Гудение угольной пыли, прикрытое стеклами рам, стояло в воздухе, наэлектризовывая пространство музея, солнечный свет пронизывал его, материализуя прозрачные радужные тела душ, все они жаждали неподдельного воскрешения, как будто им мало было того, что гениальный художник уже вывел их из небытия и воскресил на бумаге.

На эту выставку в одно и то же время, или разминувшись на два-три дня, пришли Тишков и Заволокин.

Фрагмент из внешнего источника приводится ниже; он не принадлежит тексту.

-- ===== src/State.antt =====
-- lib/package_state.c: the states of packages.
pub mod Kept
use xbps.Common.{
  ℕ, Bool, true, false, Option, none, some, List, [], ◌∷◌, if◌then◌else◌, ◌==◌, CStr, codes, streq,
  Rv, einval, enoent, Run, ret, abort,
}
use xbps.Util.Pkgver.{pkg_name, name_size}
use xbps.Versions.{Versions}
use xbps.Pkg.{Pkg, Installed, unknown}
use xbps.Dict.{dict_set, find_pkg_in_dict}

-- `states`, up to the sentinel; the numbers are those of enum pkg_state.
abbrev pub states : List (CStr × ℕ)
states =
    (codes "unpacked", 1)
    ∷ (codes "installed", 2)
    ∷ (codes "broken", 3)
    ∷ (codes "half-removed", 4)
    ∷ (codes "not-installed", 5)
    ∷ []

-- The loops over the table.
unfoldable pub state_string : List (CStr × ℕ) → ℕ → Option CStr
state_string [] state = none
state_string ((string, number) ∷ stp) state =
    if state == number then some string else state_string stp state

unfoldable pub state_number : List (CStr × ℕ) → CStr → ℕ
state_number [] state_str = 0
state_number ((string, number) ∷ stp) state_str =
    if streq state_str string then number else state_number stp state_str

-- `none` is EINVAL.
unfoldable pub set_new_state : Pkg → ℕ → Option Pkg
unfolding state_string
set_new_state dict state = elim (state_string states state) [
  | none ↦ none
  | some string ↦ some (record dict { state = some string })
]

unfoldable pub get_state : Pkg → ℕ
unfolding state_number
get_state dict = elim (dict.state) [ none ↦ 0 | some state_str ↦ state_number states state_str ]

-- The result and `*state`, where it is written.
unfoldable pub pkg_state_dictionary : Pkg → Rv × ℕ
unfolding get_state
pkg_state_dictionary dict =
    let state = get_state dict in (if state == 0 then some einval else none, state)

-- xbps_dictionary_create, with the pkgver set.
abbrev pub fresh_pkg : CStr → Pkg
fresh_pkg pkgver = record {
  pkgver = some pkgver;
  pkgname = none;
  repository = none;
  state = none;
  transaction = unknown;
  automatic_install = none;
  hold = none;
  repolock = none;
  replaced = none;
  preserve = none;
  provides = none;
  replaces = none;
  conflicts = none;
  run_depends = none;
  reverts = none;
  shlib_provides = none;
  shlib_requires = none;
}

-- The end of both branches: the dictionary is stored under the name of the pkgver.
unfoldable pub store_state : List Installed → CStr → Pkg → Run (List Installed × Rv)
store_state pkgdb pkgver pkgd = elim (pkg_name name_size pkgver) [
  | none ↦ abort
  | some pkgname ↦ ret (dict_set pkgdb pkgname pkgd, none)
]

module _ (v : Versions) where
  unfoldable pub pkg_state_installed : List Installed → CStr → Rv × Option ℕ
  pkg_state_installed pkgdb pkgver = elim (find_pkg_in_dict v pkgdb pkgver) [
    | none ↦ (some enoent, none)
    | some obj ↦ let r = pkg_state_dictionary obj.pkgd in (r.0, some r.1)
  ]

  -- A dictionary that is found is changed in place, under the key where it is, and then stored.
  unfoldable pub set_pkg_state_installed : List Installed → CStr → ℕ → Run (List Installed × Rv)
  set_pkg_state_installed pkgdb pkgver state = elim (find_pkg_in_dict v pkgdb pkgver) [
    | none ↦ elim (set_new_state (fresh_pkg pkgver) state) [
      | none ↦ ret (pkgdb, some einval)
      | some pkgd ↦ store_state pkgdb pkgver pkgd
    ]
    | some obj ↦ elim (set_new_state obj.pkgd state) [
      | none ↦ ret (pkgdb, some einval)
      | some pkgd ↦ store_state (dict_set pkgdb obj.key pkgd) pkgver pkgd
    ]
  ]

Они ходили по комнатам музейчика, одинаково созерцая невероятные сгустки энергий, а не просто нагромождение фигур.

Рисунки, названные Василием Чекрыгиным “Воскрешение мертвых”, кружились вокруг этих с виду обыкновенных зрителей, двух молодых людей, им тогда было двадцать восемь и двадцать девять лет, у одного – длинные волосы и легкая сутулость, второй – близорук, высок и так же, как первый, худ. Почему они оказались на этой выставке, станет ясно через много лет.

Александр Заволокин будет строить свой “Собор воскрешающего музея”, именно так назывался текст Василия Николаевича Чекрыгина, вывешенный тогда на стенке между угольными изображениями встающих с колен обнаженных людей, простирающих руки к фигуре – в центре листа.

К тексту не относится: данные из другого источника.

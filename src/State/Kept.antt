-- ===== src/State/Kept.antt =====
-- The state that is set is the one read back.
use xbps.Common.{
  ℕ, false, none, some, List, [], ◌∷◌, ◌≡◌, ◌≢◌, refl, ap, sym, ◌∙◌, subst, ◌≤◌, inl, inr, ◌==◌,
  CStr, streq, streq_iff, streq_refl, ret, All, arith, Bool-cases, Option-cases,
}
use xbps.Versions.{Versions}
use xbps.Pkg.{Pkg, Installed}
use xbps.Dict.{dict_get, dict_set, find_pkg_in_dict}
use xbps.Dict.Access.{
  dict_get-dict_set, IsExact, find_pkg_in_dict-exact, dict_get-key, checked-some,
}
use xbps.State.{
  states, state_string, state_number, set_new_state, get_state, pkg_state_dictionary, fresh_pkg,
  store_state, pkg_state_installed, set_pkg_state_installed,
}

-- No string stands twice in the table, and no number is 0.
abbrev IsTable : List (CStr × ℕ) → Type 0
IsTable [] = Unit
IsTable ((string, number) ∷ stp) =
    (number ≢ 0) × All (λ e. streq e.0 string ≡ false) stp × IsTable stp

state_string-differs :
    (stp : List (CStr × ℕ)) (state : ℕ) (other : CStr) {string : CStr}
    → All (λ e. streq e.0 other ≡ false) stp
    → state_string stp state ≡ some string
    → streq string other ≡ false
unfolding state_string
state_string-differs [] state other all h = absurd (cc)
state_string-differs ((string, number) ∷ stp) state other all h =
    elim (Bool-cases (state == number)) [
      | inl e ↦ let a = all.0 in ground (arith, a)
      | inr e ↦ state_string-differs stp state other all.1 (ground arith)
    ]

state_number-state_string :
    (stp : List (CStr × ℕ)) (state : ℕ) {string : CStr}
    → IsTable stp
    → state_string stp state ≡ some string
    → (state_number stp string ≡ state) × (state ≢ 0)
unfolding state_string state_number
state_number-state_string [] state t h = absurd (cc)
state_number-state_string ((s, number) ∷ stp) state {string} t h =
    elim (Bool-cases (state == number)) [
      | inl e ↦ let r = streq_refl s in let n = t.0 in ground (arith, r, n)
      | inr e ↦
          let found : state_string stp state ≡ some string = ground arith in
          let d = state_string-differs stp state s t.1 found in
          let rest = state_number-state_string stp state t.2 found in ground (arith, d, rest)
    ]

states-IsTable : IsTable states
unfolding streq
states-IsTable = (
  (λ e. omega arith),
  (refl, (refl, (refl, (refl, tt)))),
  (
    (λ e. omega arith),
    (refl, (refl, (refl, tt))),
    (
      (λ e. omega arith),
      (refl, (refl, tt)),
      ((λ e. omega arith), (refl, tt), ((λ e. omega arith), tt, tt)),
    ),
  ),
)

get_state-set_new_state :
    (p : Pkg) (state : ℕ) {q : Pkg}
    → set_new_state p state ≡ some q
    → (pkg_state_dictionary q ≡ (none, state)) × (q.pkgver ≡ p.pkgver)
unfolding set_new_state pkg_state_dictionary get_state
get_state-set_new_state p state {q} h = elim (Option-cases (state_string states state)) [
  | inl e ↦ absurd (ground arith)
  | inr (s, e) ↦
      let b = state_number-state_string states state states-IsTable e in
      let same : record p { state = some s } ≡ q = ground arith in
      subst (λ r. (pkg_state_dictionary r ≡ (none, state)) × (r.pkgver ≡ p.pkgver)) same
        (ground (arith, b), refl)
]

-- The states of enum pkg_state are in the table.
in_states :
    (p : Pkg) (state : ℕ) → 1 ≤ state → state ≤ 5 → (q : Pkg) × (set_new_state p state ≡ some q)
unfolding set_new_state state_string
in_states p state low high = elim (Option-cases (set_new_state p state)) [
  | inl e ↦ absurd (ground arith)
  | inr found ↦ found
]

-- A dictionary stored under the name of its exact pkgver: what is read there, and elsewhere.
pub record Stored (v : Versions) (before after : List Installed) (pkgver name : CStr) (state : ℕ)
    : Type 0 where
  pub reads : pkg_state_installed v after pkgver ≡ (none, some state)
  pub frame :
      (other : CStr) → streq name other ≡ false → dict_get after other ≡ dict_get before other

module _ (v : Versions) {pkgver name : CStr} (exact : IsExact pkgver name) (state : ℕ) where
  reads_at :
      (d : List Installed) (q : Pkg)
      → pkg_state_dictionary q ≡ (none, state)
      → q.pkgver ≡ some pkgver
      → pkg_state_installed v (dict_set d name q) pkgver ≡ (none, some state)
  unfolding pkg_state_installed
  reads_at d q s p =
      let f = find_pkg_in_dict-exact v (dict_set d name q) exact in
      let g = dict_get-dict_set d name name q in
      let r = streq_refl name in
      let t = streq_refl pkgver in
      let found : find_pkg_in_dict v (dict_set d name q) pkgver
          ≡ some (record { key = name; pkgd = q }) =
        f ∙ ground (arith, g, r, p, t) in
      ground (arith, found, s)

  stored : (d : List Installed) (q : Pkg) → store_state d pkgver q ≡ ret (dict_set d name q, none)
  unfolding store_state
  stored d q = rw (exact.has_name, store_state) refl

  -- Where no dictionary is found.
  set_fresh :
      (d : List Installed)
      → 1 ≤ state
      → state ≤ 5
      → find_pkg_in_dict v d pkgver ≡ none
      → (after : List Installed) × (set_pkg_state_installed v d pkgver state ≡ ret (after, none))
        × Stored v d after pkgver name state
  unfolding set_pkg_state_installed
  set_fresh d low high none_found =
      let (q, made) = in_states (fresh_pkg pkgver) state low high in
      let (s, p) = get_state-set_new_state (fresh_pkg pkgver) state made in
      let w = stored d q in
      (
        dict_set d name q,
        ground (arith, none_found, made, w),
        record {
          reads = reads_at d q s p;
          frame =
              λ other apart. let g = dict_get-dict_set d name other q in ground (arith, g, apart);
        },
      )

  -- Where one is found, it is the one of this name.
  set_found :
      (d : List Installed) (obj : Installed)
      → 1 ≤ state
      → state ≤ 5
      → find_pkg_in_dict v d pkgver ≡ some obj
      → (after : List Installed) × (set_pkg_state_installed v d pkgver state ≡ ret (after, none))
        × Stored v d after pkgver name state
  unfolding set_pkg_state_installed
  set_found d obj low high found =
      let (q, made) = in_states obj.pkgd state low high in
      let (s, p) = get_state-set_new_state obj.pkgd state made in
      let (entry, (ver, has_ver, same)) =
        checked-some (λ cur. streq cur pkgver) (dict_get d name)
          (sym (find_pkg_in_dict-exact v d exact) ∙ found) in
      let at = dict_get-key d name entry in
      let mid = dict_set d obj.key q in
      let w = stored mid q in
      (
        dict_set mid name q,
        ground (arith, found, made, w),
        record {
          reads = reads_at mid q s (p ∙ has_ver ∙ ap some ((streq_iff ver pkgver).0 same));
          frame = λ other apart.
              let g = dict_get-dict_set mid name other q in
              let k = dict_get-dict_set d obj.key other q in
              let apart' : streq obj.key other ≡ false = rw at apart in
              ground (arith, g, k, apart, apart');
        },
      )

-- Setting one of the five states on an exact pkgver never fails or aborts; afterwards
-- xbps_pkg_state_installed reads this state, and the entries of all other names are as before.
pub set_pkg_state_installed_lem :
    (v : Versions) (pkgdb : List Installed) {pkgver name : CStr} (state : ℕ)
    → IsExact pkgver name
    → 1 ≤ state
    → state ≤ 5
    → (after : List Installed) × (set_pkg_state_installed v pkgdb pkgver state ≡ ret (after, none))
      × Stored v pkgdb after pkgver name state
set_pkg_state_installed_lem v pkgdb {pkgver} state exact low high =
    elim (Option-cases (find_pkg_in_dict v pkgdb pkgver)) [
      | inl e ↦ set_fresh v exact state pkgdb low high e
      | inr (obj, e) ↦ set_found v exact state pkgdb obj low high e
    ]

А Тишков через двадцать пять лет построит инсталляцию “Небесные водолазы”, в которой расскажет об ушедших отцах, вечных уральцах, ставших ласточками небесными и взыскующих воскрешения.

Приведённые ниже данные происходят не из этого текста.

-- ===== src/Store.antt =====
-- lib/transaction_store.c: a package enters the transaction.
pub mod Newest
use xbps.Common.{
  ℕ, zero, suc, Bool, true, false, ◌||◌, Option, none, some, List, [], ◌∷◌, ◌++◌, if◌then◌else◌,
  CStr, codes, with_default, ℤ, pos, negsuc, Run, ret, abort, ◌>>=◌,
}
use xbps.Versions.{Versions}
use xbps.Pkg.{Pkg, unknown}
use xbps.Arrays.{find_pkg_in_array}
use xbps.Remove.{remove_pkg_from_array_by_pkgver}

-- The copy of `pkgrd` that is added: marked as automatic if so asked, and replacing any version
-- of its own name.
unfoldable pub stored_copy : Pkg → CStr → Bool → Pkg
stored_copy pkgrd pkgname autoinst = record pkgrd {
  automatic_install = if autoinst then some true else pkgrd.automatic_install;
  replaces = some (with_default [] pkgrd.replaces ++ (pkgname ++ codes ">=0") ∷ []);
}

-- `rv == 0 || rv == -1`
unfoldable pub not_newer : ℤ → Bool
not_newer (pos zero) = true
not_newer (pos (suc n)) = false
not_newer (negsuc zero) = true
not_newer (negsuc (suc n)) = false

module _ (v : Versions) where
  -- The part on the package of that name in the transaction, if there is one. The array is changed
  -- in place; the flag is the result.
  unfoldable pub store_over : List Pkg → Pkg → CStr → CStr → Bool → Option Pkg → List Pkg × Bool
  unfolding stored_copy not_newer
  store_over pkgs pkgrd pkgver pkgname autoinst none =
      (pkgs ++ stored_copy pkgrd pkgname autoinst ∷ [], true)
  store_over pkgs pkgrd pkgver pkgname autoinst (some d) = elim (d.pkgver) [
    | none ↦ (pkgs, false)
    | some curpkgver ↦
        if not_newer (v.cmpver pkgver curpkgver)
        then (pkgs, true)
        else elim (remove_pkg_from_array_by_pkgver pkgs curpkgver) [
          | none ↦ (pkgs, false)
          | some kept ↦ (kept ++ stored_copy pkgrd pkgname autoinst ∷ [], true)
        ]
  ]

  unfoldable pub transaction_store : List Pkg → Pkg → Bool → Run (List Pkg × Bool)
  unfolding store_over
  transaction_store pkgs pkgrd autoinst = elim (pkgrd.pkgver) [
    | none ↦ ret (pkgs, false)
    | some pkgver ↦ elim (pkgrd.pkgname) [
      | none ↦ ret (pkgs, false)
      | some pkgname ↦ find_pkg_in_array v pkgs pkgname unknown >>= λ d.
          ret (store_over pkgs pkgrd pkgver pkgname autoinst d)
    ]
  ]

Разноцветными пуговицами, собранными в шкатулки его матерью Раей и моей Люсей, старыми пуговицами с одежд наших лучистых предков – он выклеит на холсте – метр на полтора – лик Богородицы “Оранты Панагии” и назовет это “Воссозданием образа из частиц утраченных жизней”.

“После смерти моей матери в доме осталась ее одежда, – четверть века спустя будет читать Саша Лёнин текст, вывешенный на стенке у фотографий разрезанных платьев на выставке Тишкова. – Одинокие платья висели в шкафу, молчаливые, на деревянных плечиках. Вот одно из них, черное строгое шерстяное платье учительницы начальных классов. Другое, из крепдешина, цветастое, она надевала на праздники. Что мне делать со всем этим невеселым наследством? Памятуя о том, как моя мать разрывала на ленты старую одежду, чтобы вязать коврики, я разрезал ее платье на ленты, на одну бесконечную ленту, скручивая клубок за клубком. Разорвал на “махорики”, как говорила она. Так произошла дематериализация одежды, превращение ее в клубочки, в подобие атомов, скрученных из электронов, хранящих внутри ядро материи. В слове “дематериализация” слышится и “материя”, и “мать”. И вот остались только тени платьев на стене, голые плечики на гвозде, память в сердце, сердечная печаль, бархатный альбом с фотографиями и множество пестрых клубков-атомов, из которых строится теперешняя реальность, дом мира, укрепленный памятью и любовью”.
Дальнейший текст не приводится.